DevSecOps staff think of developers as their customers and the security process as a product they’re creating and delivering for developer use. This is a product management approach to security.

Applying product management thinking to security shifts security’s focus from enforcing compliance to making the right thing the easiest thing for developers to do.

Vmware Tanzu Devsecops Supply Chain

DevSecOps: beyond security, a cultural change
Deloitte’s Giles Houghton shares some perspective on how they’re addressing DevSecOps in the UK Government sector (emphasis mine).

Security must be not only integrated into the imagine, deliver and operate teams, but security team members must adopt the same delivery culture.

Everyone needs to be focused on value delivery to end users. The subconscious question changes from ‘is this too risky to go live with?’ to ‘given what we know about the risk, how can we still go live?’.

All security requirements must be described in terms of the business impact of not delivering the requirement, not just the security risk they mitigate.

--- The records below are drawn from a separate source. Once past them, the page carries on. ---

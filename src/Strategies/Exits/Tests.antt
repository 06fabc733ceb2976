-- ===== src/Strategies/Exits/Tests.antt =====
-- The exits of a position of strategies/runner.py on small inputs. `held`, `bar` and `no_rules` are
-- used by the tests of the safety monitor and of the runner.
use ratatoskr_v.Base.{ℕ, ◌+◌, ◌≡◌, refl, true, false, not, none, some, [], ◌∷◌, arith}
use ratatoskr_v.Domain.{equities, m1}
use ratatoskr_v.Decimal.{of_ℕ, decimals, decimal_zero}
use ratatoskr_v.Decimal.Sign.{IsPositive}
use ratatoskr_v.MarketData.{Bar}
use ratatoskr_v.Portfolio.{long, is_long, Position}
use ratatoskr_v.Strategies.Conditions.{Values}
use ratatoskr_v.Strategies.Indicators.{get_source_value}
use ratatoskr_v.Strategies.Indicators.Oscillators.{true_range, compute_atr}
use ratatoskr_v.Strategies.Exits.{
  percent, Rule, ExitConfig, position_dict, entry_of, compute_stop_price, compute_take_profit,
  has_value, at_or_worse, at_or_better, stop_loss_fires, take_profit_fires, is_beyond, next_extreme,
  trail_price, trailing_fires, trailing_stop_fires, evaluate_late, evaluate_exit_at, evaluate_exit,
  take_profit,
}
use ratatoskr_v.Strategies.Exits.Trailing.{extreme_after, extreme_after-none}
use ratatoskr_v.Strategies.Exits.Entry.{position_dict-percent}

unfoldable pub exits : Unit {0}
unfolding decimals get_source_value true_range compute_atr position_dict entry_of compute_stop_price
    compute_take_profit at_or_worse at_or_better stop_loss_fires take_profit_fires is_beyond
    next_extreme trail_price trailing_fires trailing_stop_fires evaluate_late evaluate_exit_at
    evaluate_exit
exits = tt

abbrev pub bar : ℕ → Bar
bar price = record {
  symbol = 50;
  market = equities;
  timeframe = m1;
  ts = 0;
  open_price = of_ℕ price;
  high = of_ℕ (price + 1);
  low = of_ℕ price;
  close = of_ℕ price;
  volume = of_ℕ 10;
  is_aggregated = false;
}

-- a long position in ten shares at 100
abbrev pub held : Position
held = record {
  id = 7;
  user_id = 3;
  strategy_id = 1;
  symbol = 50;
  market = equities;
  side = long;
  qty = of_ℕ 10;
  avg_entry_price = of_ℕ 100;
  cost_basis = of_ℕ 1000;
  current_price = of_ℕ 100;
  market_value = of_ℕ 1000;
  unrealized_pnl = decimal_zero;
  unrealized_pnl_percent = decimal_zero;
  realized_pnl = decimal_zero;
  total_fees = decimal_zero;
  total_dividends_received = decimal_zero;
  total_return = decimal_zero;
  total_return_percent = decimal_zero;
  is_open = true;
  opened_at = 0;
  closed_at = none;
  close_reason = none;
  highest_price_since_entry = of_ℕ 100;
  lowest_price_since_entry = of_ℕ 100;
  bars_held = 4;
  broker_account_id = none;
  contract_multiplier = 1;
}

abbrev pub no_rules : ExitConfig
no_rules = record {
  exit_conditions = none;
  stop_loss = none;
  take_profit = none;
  trailing_stop = none;
  risk_stop_loss = none;
  risk_take_profit = none;
  risk_trailing_stop = none;
  max_hold_bars = none;
}

abbrev pub ten_percent : Rule
ten_percent = record { type = percent; value = some (of_ℕ 10) }

abbrev no_values : Values
no_values = record { indicator_value = λ _ _. none; formula_value = λ _ _. none }

abbrev trailing : ExitConfig
trailing = record no_rules {
  trailing_stop = some (record { enabled = true; is_percent = true; value = of_ℕ 10 });
}

-- The price doubles and falls back below the entry: the trailing stop of ten percent has kept nothing
-- and does not fire.
trailing_is_silent :
    evaluate_exit no_values trailing (bar 90 ∷ []) (position_dict held) (
      extreme_after no_values trailing
        (position_dict held)
        none
        ((bar 100 ∷ []) ∷ (bar 200 ∷ []) ∷ (bar 150 ∷ []) ∷ []))
    ≡ (none, none)
unfolding exits
trailing_is_silent = refl

extreme_after-none_example :
    extreme_after no_values trailing
      (position_dict held)
      none
      ((bar 100 ∷ []) ∷ (bar 200 ∷ []) ∷ [])
    ≡ none
extreme_after-none_example =
    extreme_after-none no_values trailing (position_dict held)
      ((bar 100 ∷ []) ∷ (bar 200 ∷ []) ∷ [])

present : has_value ten_percent ≡ true
unfolding exits
present = refl

position_dict-percent_example :
    (stop_loss_fires (some ten_percent) (position_dict held) (of_ℕ 50) [] ≡ not (is_long held.side))
    × (take_profit_fires (some ten_percent) none (position_dict held) (of_ℕ 50) []
        ≡ is_long held.side)
position_dict-percent_example =
    position_dict-percent held (of_ℕ 10) (of_ℕ 50) none [] at_fifty present
  where
    at_fifty : IsPositive (of_ℕ 50)
    at_fifty = omega arith

-- At half of the entry price a take profit of ten percent closes the position.
profit_at_a_loss :
    (evaluate_exit no_values
      (record no_rules { take_profit = some ten_percent })
      (bar 50 ∷ [])
      (position_dict held)
      none).0
    ≡ some take_profit
unfolding exits
profit_at_a_loss = refl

Too often we have seen requirements struggle to be addressed because they don’t mean anything to business stakeholders, and security specialists getting frustrated because their argument that “it’s important because it’s a security requirement” isn’t landing.

Security stakeholders must play an active role in requirements prioritisation… With a single shared backlog, all requirement owners must work in concert, considering the current security risk alongside the business value that needs to be released…


“Until you make the unconscious conscious, it will direct your life and you will call it fate.”